» **WHAT TO WORK ON**
Only the first line of the listing and the lines after it, up to and including the one containing "elements materials object oid x n", should be retyped exactly.

» **INFORMATION SHOWN**
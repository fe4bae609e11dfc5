-- ===== src/Proto/Many.antt =====
-- How `prot_com_in` of server/proto.c reads the packets of the calls of libs3d/proto_out.c that push
-- arrays of vertices, materials, polygons and lines.
use s3d.Proto.Packets.{AllBelow-take, AllBelow-drop, counted-whole}
use s3d.Base.{
  ℕ, zero, suc, ◌*◌, ◌/◌, ◌^◌, ◌≤◌, ◌<◌, ◌≡◌, refl, ap, ap₂, ◌∙◌, arith, true, ◌&&◌, ◌==◌,
  if◌then◌else◌, Option, some, map, List, [], ◌∷◌, ◌++◌, length, take, drop, length-take,
  length-drop,
}
use s3d.Wire.{put32, htonlb}
use s3d.Wire.Words.{AllBelow}
use s3d.Client.{Packet}
use s3d.Client.Fragments
use s3d.Client.Fragments.{Shape, stepl, len, part, parts, fragments, push_many}
use s3d.Client.Whole.{joined, part-eq, fragments-whole, fragments-lossy}
use s3d.Object.Request
use s3d.Proto.{Command, decode, decode_object, decode_push, counted}

-- the kinds of elements that the client pushes as arrays of numbers of four bytes
pub data Kind : Type 0 where
  vertices materials polygons lines : Kind

unfoldable pub push : Kind → ℕ → List ℕ → ℕ → Option (List Packet)
push vertices = Fragments.s3d_push_vertices
push materials = Fragments.s3d_push_materials_a
push polygons = Fragments.s3d_push_polygons
push lines = Fragments.s3d_push_lines

-- the numbers of an element
abbrev pub arity : Kind → ℕ
arity vertices = 3
arity materials = 12
arity polygons = 4
arity lines = 3

-- the command byte of the kind, and what its loop is about
abbrev pub command_of : Kind → ℕ
command_of vertices = 8
command_of materials = 9
command_of polygons = 10
command_of lines = 7

abbrev pub shape_of : Kind → Shape
shape_of vertices = Fragments.vertices_shape
shape_of materials = Fragments.materials_shape
shape_of polygons = Fragments.polygons_shape
shape_of lines = Fragments.lines_shape

-- the numbers of a command for the object, if it counts the elements that they make up
unfoldable pub elements : Kind → ℕ → ℕ → List ℕ → ℕ → List ℕ
elements kind object oid x n = if (oid == object) && (n * arity kind == length x) then x else []

-- the numbers that a command of the kind has for the object
unfoldable pub appended : Kind → ℕ → Command → List ℕ
unfolding elements
appended vertices object (Command.push_vertex oid x n) = elements vertices object oid x n
appended materials object (Command.on_data (Request.push_mat oid x n)) =
    elements materials object oid x n
appended polygons object (Command.on_data (Request.push_poly oid x n)) =
    elements polygons object oid x n
appended lines object (Command.on_data (Request.push_line oid x n)) = elements lines object oid x n
appended kind object command = []

-- what the server gets for the object from the packets
unfoldable pub received : Kind → ℕ → List Packet → List ℕ
received kind object [] = []
received kind object (p ∷ ps) =
    appended kind object (decode true p.0 p.1) ++ received kind object ps

elements-whole :
    (kind : Kind) (object : ℕ) (x : List ℕ) (n : ℕ)
    → n * arity kind ≡ length x
    → elements kind object object x n ≡ x
unfolding elements
elements-whole kind object x n e = ground (arith, e)

-- The server gets from one packet of the kind its elements, or nothing if there are none.
read-packet :
    (kind : Kind) (object : ℕ) (xs : List ℕ)
    → object < 2 ^ 32
    → AllBelow (2 ^ 32) xs
    → 4 * length xs / (4 * arity kind) * arity kind ≡ length xs
    → appended kind object (decode true (command_of kind) (put32 object ++ htonlb xs)) ≡ xs
unfolding decode decode_object decode_push appended elements counted htonlb
read-packet vertices object [] ho hx e = refl
read-packet materials object [] ho hx e = refl
read-packet polygons object [] ho hx e = refl
read-packet lines object [] ho hx e = refl
read-packet vertices object (x ∷ xs) ho hx e =
    ap (appended vertices object)
      (counted-whole 3 Command.push_vertex object (x ∷ xs) ho hx (omega arith) e)
    ∙ elements-whole vertices object (x ∷ xs) (4 * length (x ∷ xs) / (4 * 3)) e
read-packet materials object (x ∷ xs) ho hx e =
    ap (appended materials object) (
      counted-whole 12 (λ oid v n. Command.on_data (Request.push_mat oid v n)) object (x ∷ xs) ho hx
        (omega arith) e)
    ∙ elements-whole materials object (x ∷ xs) (4 * length (x ∷ xs) / (4 * 12)) e
read-packet polygons object (x ∷ xs) ho hx e =
    ap (appended polygons object) (
      counted-whole 4 (λ oid v n. Command.on_data (Request.push_poly oid v n)) object (x ∷ xs) ho hx
        (omega arith) e)
    ∙ elements-whole polygons object (x ∷ xs) (4 * length (x ∷ xs) / (4 * 4)) e
read-packet lines object (x ∷ xs) ho hx e =
    ap (appended lines object) (
      counted-whole 3 (λ oid v n. Command.on_data (Request.push_line oid v n)) object (x ∷ xs) ho hx
        (omega arith) e)
    ∙ elements-whole lines object (x ∷ xs) (4 * length (x ∷ xs) / (4 * 3)) e

-- Every fragment has whole elements.
part-whole :
    (kind : Kind) (buf : List ℕ) (n i : ℕ)
    → length buf ≡ n * arity kind
    → 4 * length (take 16380 (drop (i * 16380) buf)) / (4 * arity kind) * arity kind
      ≡ length (take 16380 (drop (i * 16380) buf))
part-whole vertices buf n i e =
    omega (arith, length-take 16380 (drop (i * 16380) buf), length-drop (i * 16380) buf)
part-whole materials buf n i e =
    omega (arith, length-take 16380 (drop (i * 16380) buf), length-drop (i * 16380) buf)
part-whole polygons buf n i e =
    omega (arith, length-take 16380 (drop (i * 16380) buf), length-drop (i * 16380) buf)
part-whole lines buf n i e =
    omega (arith, length-take 16380 (drop (i * 16380) buf), length-drop (i * 16380) buf)

shape-len :
    (kind : Kind) (buf : List ℕ) (n : ℕ)
    → length buf ≡ n * arity kind
    → len (shape_of kind) n ≡ 4 * length buf
shape-len vertices buf n e = omega arith
shape-len materials buf n e = omega arith
shape-len polygons buf n e = omega arith
shape-len lines buf n e = omega arith

shape-step : (kind : Kind) → (shape_of kind).unit ≡ 4 × stepl (shape_of kind) ≡ 65520
shape-step vertices = (refl, refl)
shape-step materials = (refl, refl)
shape-step polygons = (refl, refl)
shape-step lines = (refl, refl)

-- What the server gets from the fragments is the fragments one behind the other.
received-parts :
    (kind : Kind) (object : ℕ) (buf : List ℕ) (n left i : ℕ)
    → object < 2 ^ 32
    → AllBelow (2 ^ 32) buf
    → length buf ≡ n * arity kind
    → received kind object (
        map
          (λ xs. (command_of kind, put32 object ++ htonlb xs))
          (parts (shape_of kind) buf n left i))
      ≡ joined (parts (shape_of kind) buf n left i)
unfolding parts received
received-parts kind object buf n zero i ho hb e = refl
received-parts kind object buf n (suc left) i ho hb e =
    ap₂ ◌++◌
      (rw
        (part-eq (shape_of kind) buf n i (shape-step kind).0 (shape-step kind).1
          (shape-len kind buf n e))
        (read-packet kind object (take 16380 (drop (i * 16380) buf)) ho
          (AllBelow-take (2 ^ 32) 16380 (drop (i * 16380) buf)
            (AllBelow-drop (2 ^ 32) (i * 16380) buf hb))
          (part-whole kind buf n i e)))
      (received-parts kind object buf n left (suc i) ho hb e)

push-some :
    (kind : Kind) (object : ℕ) (buf : List ℕ) (n : ℕ)
    → 1 ≤ n
    → push kind object buf n
      ≡ some (
          map
            (λ xs. (command_of kind, put32 object ++ htonlb xs))
            (parts (shape_of kind) buf n (fragments (shape_of kind) n) 0))
unfolding push push_many Fragments.s3d_push_vertices Fragments.s3d_push_materials_a
    Fragments.s3d_push_polygons Fragments.s3d_push_lines
push-some vertices object buf n h = ground arith
push-some materials object buf n h = ground arith
push-some polygons object buf n h = ground arith
push-some lines object buf n h = ground arith

reaches :
    (kind : Kind) (n : ℕ)
    → n * arity kind ≤ 49140
    → len (shape_of kind) n ≤ fragments (shape_of kind) n * stepl (shape_of kind)
reaches vertices n h = omega arith
reaches materials n h = omega arith
reaches polygons n h = omega arith
reaches lines n h = omega arith

-- the packets of a push, and what the server gets from them
push-packets :
    (kind : Kind) (object : ℕ) (buf : List ℕ) (n : ℕ)
    → object < 2 ^ 32
    → AllBelow (2 ^ 32) buf
    → length buf ≡ n * arity kind
    → 1 ≤ n
    → (ps : List Packet) × (push kind object buf n ≡ some ps)
      × (received kind object ps
          ≡ joined (parts (shape_of kind) buf n (fragments (shape_of kind) n) 0))
push-packets kind object buf n ho hb e h = (
  map (λ xs. (command_of kind, put32 object ++ htonlb xs))
      (parts (shape_of kind) buf n (fragments (shape_of kind) n) 0),
  push-some kind object buf n h,
  received-parts kind object buf n (fragments (shape_of kind) n) 0 ho hb e,
)

-- The server gets from the packets of `s3d_push_vertices`, `s3d_push_materials_a`,
-- `s3d_push_polygons` and `s3d_push_lines` all elements, for that object and in their order, if there are at least one of
-- them and at most 49140 numbers, and if the id and the numbers have 32 bits.
pub push-received :
    (kind : Kind) (object : ℕ) (buf : List ℕ) (n : ℕ)
    → object < 2 ^ 32
    → AllBelow (2 ^ 32) buf
    → length buf ≡ n * arity kind
    → 1 ≤ n
    → n * arity kind ≤ 49140
    → (ps : List Packet) × (push kind object buf n ≡ some ps) × (received kind object ps ≡ buf)
push-received kind object buf n ho hb e h1 hn =
    let q = push-packets kind object buf n ho hb e h1 in
    (
      q.0,
      q.1,
      q.2
          ∙ fragments-whole (shape_of kind) buf n (shape-step kind).0 (shape-step kind).1
              (shape-len kind buf n e) (reaches kind n hn),
    )

-- If the fragments, of 65520 bytes each, do not reach the end of the array, the server gets fewer
-- numbers than the client pushed, though the call does not fail.
pub push-loses :
    (kind : Kind) (object : ℕ) (buf : List ℕ) (n : ℕ)
    → object < 2 ^ 32
    → AllBelow (2 ^ 32) buf
    → length buf ≡ n * arity kind
    → 1 ≤ n
    → fragments (shape_of kind) n * 65520 < len (shape_of kind) n
    → (ps : List Packet) × (push kind object buf n ≡ some ps)
      × (length (received kind object ps) < length buf)
push-loses kind object buf n ho hb e h1 hn =
    let q = push-packets kind object buf n ho hb e h1 in
    (
      q.0,
      q.1,
      rw q.2 (
          fragments-lossy (shape_of kind) buf n (shape-step kind).0 (shape-step kind).1
            (shape-len kind buf n e) (rw ((shape-step kind).1) hn)),
    )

» **RESULT OF THE EXERCISE**
repository fe4bae609e11dfc5
-- ===== src/Proto/Many.antt =====
-- How `prot_com_in` of server/proto.c reads the packets of the calls of libs3d/proto_out.c that push
-- arrays of vertices, materials, polygons and lines.
use s3d.Proto.Packets.{AllBelow-take, AllBelow-drop, counted-whole}
use s3d.Base.{
  ℕ, zero, suc, ◌*◌, ◌/◌, ◌^◌, ◌≤◌, ◌<◌, ◌≡◌, refl, ap, ap₂, ◌∙◌, arith, true, ◌&&◌, ◌==◌,
  if◌then◌else◌, Option, some, map, List, [], ◌∷◌, ◌++◌, length, take, drop, length-take,
  length-drop,
}
use s3d.Wire.{put32, htonlb}
use s3d.Wire.Words.{AllBelow}
use s3d.Client.{Packet}
use s3d.Client.Fragments
use s3d.Client.Fragments.{Shape, stepl, len, part, parts, fragments, push_many}
use s3d.Client.Whole.{joined, part-eq, fragments-whole, fragments-lossy}
use s3d.Object.Request
use s3d.Proto.{Command, decode, decode_object, decode_push, counted}

-- the kinds of elements that the client pushes as arrays of numbers of four bytes
pub data Kind : Type 0 where
  vertices materials polygons lines : Kind

unfoldable pub push : Kind → ℕ → List ℕ → ℕ → Option (List Packet)
push vertices = Fragments.s3d_push_vertices
push materials = Fragments.s3d_push_materials_a
push polygons = Fragments.s3d_push_polygons
push lines = Fragments.s3d_push_lines

-- the numbers of an element
abbrev pub arity : Kind → ℕ
arity vertices = 3
arity materials = 12
arity polygons = 4
arity lines = 3

-- the command byte of the kind, and what its loop is about
abbrev pub command_of : Kind → ℕ
command_of vertices = 8
command_of materials = 9
command_of polygons = 10
command_of lines = 7

abbrev pub shape_of : Kind → Shape
shape_of vertices = Fragments.vertices_shape
shape_of materials = Fragments.materials_shape
shape_of polygons = Fragments.polygons_shape
shape_of lines = Fragments.lines_shape

-- the numbers of a command for the object, if it counts the elements that they make up
unfoldable pub elements : Kind → ℕ → ℕ → List ℕ → ℕ → List ℕ
elements kind object oid x n = if (oid == object) && (n * arity kind == length x) then x else []

-- the numbers that a command of the kind has for the object
unfoldable pub appended : Kind → ℕ → Command → List ℕ
unfolding elements
appended vertices object (Command.push_vertex oid x n) = elements vertices object oid x n
appended materials object (Command.on_data (Request.push_mat oid x n)) =
    elements materials object oid x n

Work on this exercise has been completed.